Lemma 43.23.4. Let $V$ be a vector space. Let $B \subset \mathbf{P}(V)$ be a closed subvariety of codimension $\geq 2$. Let $p \in \mathbf{P}(V)$ be a closed point, $p \not\in B$. Then there exists a line $\ell \subset \mathbf{P}(V)$ with $\ell \cap B = \emptyset$. Moreover, these lines sweep out an open subset of $\mathbf{P}(V)$.

Proof. Consider the image of $B$ under the projection $r_ p : \mathbf{P}(V) \to \mathbf{P}(W_ p)$. Since $\dim (W_ p) = \dim (V) - 1$, we see that $r_ p(B)$ has codimension $\geq 1$ in $\mathbf{P}(W_ p)$. For any $q \in \mathbf{P}(V)$ with $r_ p(q) \not\in r_ p(B)$ we see that the line $\ell = \overline{pq}$ connecting $p$ and $q$ works. $\square$

Lemma 43.23.5. Let $V$ be a vector space. Let $G = \text{PGL}(V)$. Then $G \times \mathbf{P}(V) \to \mathbf{P}(V)$ is doubly transitive.

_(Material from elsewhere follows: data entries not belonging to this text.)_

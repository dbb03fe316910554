-- ===== src/Api/Types.antt =====
-- The shapes of the context entries and of the code map (web/src/api/types.ts). Counts and sizes
-- are natural numbers; an absent optional field and a `null` are both `none`.
use mcp_project_server.Prelude.{ℕ, Bool, List, Option}
use mcp_project_server.Js.Str.{Str}
use mcp_project_server.Js.Map.{Map}

-- `opened` is the source's "open".
pub data EntryLifecycle : Type 0 where
  opened resolved deleted archived : EntryLifecycle

pub data RequirementStatus : Type 0 where
  not_started in_progress blocked done : RequirementStatus

pub record Entry : Type 0 where
  pub id : Str
  pub project_id : Str
  pub section : Str
  pub headline : Str
  pub detail : Str
  pub status : EntryLifecycle
  pub priority : ℕ
  pub author : Str
  pub created_at : Str
  pub updated_at : Str
  pub requirement_status : Option RequirementStatus
  pub linked_files : List Str
  pub related_entry_id : Option Str
  pub req_key : Option Str

pub record CodeMapOverlay : Type 0 where
  pub focus : ℕ
  pub blockers : ℕ
  pub bugs : ℕ
  pub requirements : ℕ
  pub hot : Bool

pub data CodeMapNodeKind : Type 0 where
  directory file symbol external : CodeMapNodeKind

pub record CodeMapNode : Type 0 where
  pub id : Str
  pub kind : CodeMapNodeKind
  pub path : Str
  pub label : Str
  pub language : Option Str
  pub loc : ℕ
  pub size_bytes : ℕ
  pub file_count : ℕ
  pub symbol_count : ℕ
  pub fan_in : ℕ
  pub fan_out : ℕ
  pub has_children : Bool
  pub outside_scope : Bool
  pub overlay : CodeMapOverlay
  pub symbol_kind : Option Str
  pub start_line : Option ℕ
  pub end_line : Option ℕ
  pub signature : Option Str

pub record CodeMapEdge : Type 0 where
  pub source : Str
  pub target : Str
  pub kind : Str
  pub weight : ℕ

pub record CodeMapProvenance : Type 0 where
  pub indexed : Bool
  pub last_full_at : Option Str
  pub last_incremental_at : Option Str
  pub last_commit : Option Str
  pub symbol_modes : Option (Map Str)

pub record CodeMapStats : Type 0 where
  pub total_files : Option ℕ
  pub total_resolved_edges : Option ℕ
  pub node_count : ℕ
  pub edge_count : ℕ
  pub truncated : Bool

pub data ScopeKind : Type 0 where
  directory file : ScopeKind

pub record CodeMap : Type 0 where
  pub project : Str
  pub project_name : Str
  pub scope : Option Str
  pub scope_kind : ScopeKind
  pub depth : ℕ
  pub generated_from : CodeMapProvenance
  pub nodes : List CodeMapNode
  pub edges : List CodeMapEdge
  pub dependencies : Option (List Str)
  pub dependents : Option (List Str)
  pub stats : CodeMapStats
  pub overlay_legend : List Str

Proof. Omitted. Hint: This follows from the fact that $\text{GL}(V)$ acts doubly transitive on pairs of linearly independent vectors. $\square$

Lemma 43.23.6. Let $k$ be a field. Let $n \geq 1$ be an integer and let $x_{ij}, 1 \leq i, j \leq n$ be variables. Then

$\det \left( \begin{matrix} x_{11} & x_{12} & \ldots & x_{1n} \\ x_{21} & \ldots & \ldots & \ldots \\ \ldots & \ldots & \ldots & \ldots \\ x_{n1} & \ldots & \ldots & x_{nn} \end{matrix} \right)$

is an irreducible element of the polynomial ring $k[x_{ij}]$.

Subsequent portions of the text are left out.